Исхак опустил глаза, отвёл их от настойчивого, умоляющего взгляда матери.

— Боюсь я… Сам знаешь, Хусаин, посылают студентов к опытному агроному. Самостоятельной работы, ответственности не доверяют… Рано ещё…

— Ну а мы-то вовсе ничего не знаем. Дедовский опыт… В МТС главный агроном есть, да он не разорвётся на все колхозы!.. Ну если трусишь, то, конечно…

— Зря ты горячишься… — Исхаку стало стыдно: действительно трусит, боится так вот сразу взвалить на себя ответственность за живое дело, живых людей. А Хусаину каково?

— Загорячишься! Неделю стоя сплю! Сеять скоро надо, а в амбарах мышь и та зерна не найдёт. Хоть плачь, хоть что…

— Вместе плакать, что ли, понадобился?

— Семена найти — моя забота! Из земли ногтями выкопаю! Ты почву понять попытайся. Разберись, что делать надо, чтобы народ, наконец, с хлебом был.

Исхак молчал, размышляя.

— Если надо, запрос в институт пошлём. Какие хочешь печати на бумаге сделаем.

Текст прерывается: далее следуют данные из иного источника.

-- ===== src/Spill/Memory.antt =====
-- `InMemorySpillEdgeSink`: buffers for each shard of the points, cut into sorted segments. The `HashMap`
-- of buffers is a list in the order of their creation; a call runs under the sink's lock.
pub mod Contents
pub mod Flush
pub mod Whole
pub mod Finish
pub mod Refused
use forge_ann.Prelude.{
  ℕ, zero, suc, ◌+◌, ◌*◌, ◌/◌, min, max, Bool, true, false, leb, ◌==◌, if◌then◌else◌, Option, none,
  some, List, [], ◌∷◌, ◌++◌, map, length,
}
use forge_ann.Prelude.Results.{Result, ok, err, ◌>>=◌}
use forge_ann.Prelude.Sorting.{sort_by}
use forge_ann.Spill.{PendingEdge, SpillRecord, SpillError, from_pending_edge}

abbrev pub Buffers : Type 0
Buffers = List (ℕ × List SpillRecord)

pub record InMemorySpillSegment : Type 0 where
  pub shard_id : ℕ
  pub records : List SpillRecord
  pub src_min : ℕ
  pub src_max : ℕ

pub record InMemorySpillArtifacts : Type 0 where
  pub shard_points : ℕ
  pub segments : List InMemorySpillSegment

pub record InMemorySpillEdgeSink : Type 0 where
  pub shard_points : ℕ
  pub flush_threshold_edges : ℕ
  pub buffers_by_shard : Buffers
  pub segments : List InMemorySpillSegment

abbrev run_record_bytes : ℕ
run_record_bytes = 16

abbrev default_spill_cache_bytes : ℕ
default_spill_cache_bytes = 64 * 1024 * 1024

unfoldable pub effective_spill_cache_bytes : ℕ → ℕ
effective_spill_cache_bytes bytes = if bytes == 0 then default_spill_cache_bytes else bytes

pub create_sharded : ℕ → ℕ → InMemorySpillEdgeSink
unfolding effective_spill_cache_bytes
create_sharded spill_cache_bytes shard_points = record {
  shard_points = max shard_points 1;
  flush_threshold_edges =
      min (max (effective_spill_cache_bytes spill_cache_bytes / run_record_bytes) 1) 1000000;
  buffers_by_shard = [];
  segments = [];
}

-- A record goes to the last group if that is its shard's, and else starts a group.
pub push_record : Buffers → ℕ → SpillRecord → Buffers
push_record [] shard r = (shard, r ∷ []) ∷ []
push_record ((t, rs) ∷ []) shard r =
    if t == shard then (t, rs ++ (r ∷ [])) ∷ [] else (t, rs) ∷ (shard, r ∷ []) ∷ []
push_record (g ∷ h ∷ groups) shard r = g ∷ push_record (h ∷ groups) shard r

pub encode_edges : ℕ → Buffers → List PendingEdge → Result SpillError Buffers
unfolding push_record from_pending_edge
encode_edges shard_points groups [] = ok groups
encode_edges shard_points groups (edge ∷ edges) = from_pending_edge edge >>= λ r.
    encode_edges shard_points (push_record groups (edge.p / shard_points) r) edges

abbrev pub by_source : PendingEdge → PendingEdge → Bool
by_source a b = leb a.p b.p

abbrev pub by_src : SpillRecord → SpillRecord → Bool
by_src a b = leb a.src b.src

pub encode_spill_records_by_shard : List PendingEdge → ℕ → Result SpillError Buffers
unfolding encode_edges
encode_spill_records_by_shard edges shard_points =
    encode_edges (max shard_points 1) [] (sort_by by_source edges)

pub buffer_of : ℕ → Buffers → Option (List SpillRecord)
buffer_of shard [] = none
buffer_of shard ((t, rs) ∷ buffers) = if t == shard then some rs else buffer_of shard buffers

-- `entry(shard_id).or_insert_with(..).extend(records)`
pub extend_buffer : ℕ → List SpillRecord → Buffers → Buffers
extend_buffer shard new [] = (shard, new) ∷ []
extend_buffer shard new ((t, rs) ∷ buffers) =
    if t == shard then (t, rs ++ new) ∷ buffers else (t, rs) ∷ extend_buffer shard new buffers

-- `mem::take` of a buffer
pub take_buffer : ℕ → Buffers → Buffers
take_buffer shard [] = []
take_buffer shard ((t, rs) ∷ buffers) =
    if t == shard then (t, []) ∷ buffers else (t, rs) ∷ take_buffer shard buffers

pub first_src : List SpillRecord → ℕ
first_src [] = 0
first_src (r ∷ rs) = r.src

pub last_src : List SpillRecord → ℕ
last_src [] = 0
last_src (r ∷ []) = r.src
last_src (r ∷ s ∷ rs) = last_src (s ∷ rs)

pub make_segment : ℕ → List SpillRecord → InMemorySpillSegment
unfolding first_src last_src
make_segment shard buffer =
    let records = sort_by by_src buffer in
    record {
      shard_id = shard;
      records = records;
      src_min = first_src records;
      src_max = last_src records;
    }

pub flush_memory_shard_buffer_to_segment : InMemorySpillEdgeSink → ℕ → InMemorySpillEdgeSink
unfolding buffer_of take_buffer make_segment
flush_memory_shard_buffer_to_segment s shard = elim (buffer_of shard s.buffers_by_shard) [
  | none ↦ s
  | some buffer ↦ if length buffer == 0 then s else record s {
    buffers_by_shard = take_buffer shard s.buffers_by_shard;
    segments = s.segments ++ (make_segment shard buffer ∷ []);
  }
]

abbrev pub buffer_length : ℕ → Buffers → ℕ
buffer_length shard buffers = elim (buffer_of shard buffers) [ none ↦ 0 | some rs ↦ length rs ]

pub flush_group : InMemorySpillEdgeSink → ℕ × List SpillRecord → InMemorySpillEdgeSink
unfolding extend_buffer flush_memory_shard_buffer_to_segment
flush_group s (shard, records) =
    let extended = record s { buffers_by_shard = extend_buffer shard records s.buffers_by_shard } in
    if leb s.flush_threshold_edges (buffer_length shard extended.buffers_by_shard)
    then flush_memory_shard_buffer_to_segment extended shard
    else extended

pub flush_groups : InMemorySpillEdgeSink → Buffers → InMemorySpillEdgeSink
unfolding flush_group
flush_groups s [] = s
flush_groups s (group ∷ groups) = flush_groups (flush_group s group) groups

pub flush_pending_edges :
    InMemorySpillEdgeSink → List PendingEdge → Result SpillError InMemorySpillEdgeSink
unfolding encode_spill_records_by_shard flush_groups
flush_pending_edges s edges =
    if length edges == 0
    then ok s
    else (encode_spill_records_by_shard edges s.shard_points >>= λ groups.
        ok (flush_groups s groups))

pub flush_shards : InMemorySpillEdgeSink → List ℕ → InMemorySpillEdgeSink
unfolding flush_memory_shard_buffer_to_segment
flush_shards s [] = s
flush_shards s (shard ∷ shards) = flush_shards (flush_memory_shard_buffer_to_segment s shard) shards

abbrev pub shard_ids : Buffers → List ℕ
shard_ids [] = []
shard_ids ((t, rs) ∷ buffers) = t ∷ shard_ids buffers

pub flush_all_memory_buffers_to_segments : InMemorySpillEdgeSink → InMemorySpillEdgeSink
unfolding flush_shards
flush_all_memory_buffers_to_segments s = flush_shards s (shard_ids s.buffers_by_shard)

pub finish : InMemorySpillEdgeSink → InMemorySpillArtifacts
unfolding flush_all_memory_buffers_to_segments
finish s = record {
  shard_points = s.shard_points;
  segments = (flush_all_memory_buffers_to_segments s).segments;
}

— Согласен, — сказал Исхак.

Уже с более весёлым сердцем, как бы связанные общностью будущего серьёзного дела, они стали пить свекольный чай без сахара, есть печёную картошку без хлеба. Говорили, говорили, прикидывали, что нужно делать, что доставать, как сеять, чем удобрять истощённую чертополохом, горькую их, родную землю…

Вернувшись в Казань, Исхак сразу пошёл к декану.

— Почему вы решили ехать именно в эту деревню? — спросил декан, выслушав Исхака. — Вы распределены в другой район.

— Это моя родная деревня… — Исхак покраснел. — Потом, там поля очень запущены, урожаи мизерные. Хочется наладить как-то…

— С этого бы и начал, — декан усмехнулся. — Это хорошо, что вы жаждете трудностей… Пока молоды — что ж… Пусть запрос пришлют.

Исхак достал из кармана бумагу с печатями.

К майским праздникам Исхак уже был дома. До правления колхоза его довёз главный агроном МТС; уезжая, ещё раз напомнил Исхаку:

— Хочешь успешно работать, ориентируйся на ветер, что из района дует. Всё оттуда придёт — и ветер, и тучи, и дождь с молнией! Так что держись и ушами не хлопай… Я знаю: молодой, хочешь поломать укоренившиеся обычаи. Оставь эти пустые мечты, понял?

Исхак решил свести разговор на шутку:

— Хорошо, а как быть с обычным дождём и градом?

— А это уж в руках Божьих, ни от тебя, ни от меня не зависит. — Агроном погрозил ему пальцем.

Много вопросов хотелось Исхаку задать главному агроному: всё же лет десять тот работает в их краях, но после такого разговора желание пропало.

Он начал работать. Теперь луга и поля, которые всю жизнь были для него просто Овечий загон, Огурцова гора или кустарник Ахми, разделились на квадраты и гектары, превратились в сенокосные луга, засоленные пустоши, болота. С утра до вечера они мудрили с Хусаином, что предпринять с этим кусочком, что делать с тем…

Увы, то, что он проходил в институте, пока никак не годилось ему. Нигде в плане не обозначено, какая почва на том или ином поле, нет расчёта севооборотов, навоз со скотных дворов возили зимой не на те поля, где он нужнее всего, а сваливали, где поближе. И то верно, далеко ли увезёт его на маленьких саночках выбивающаяся из сил, голодная кляча!..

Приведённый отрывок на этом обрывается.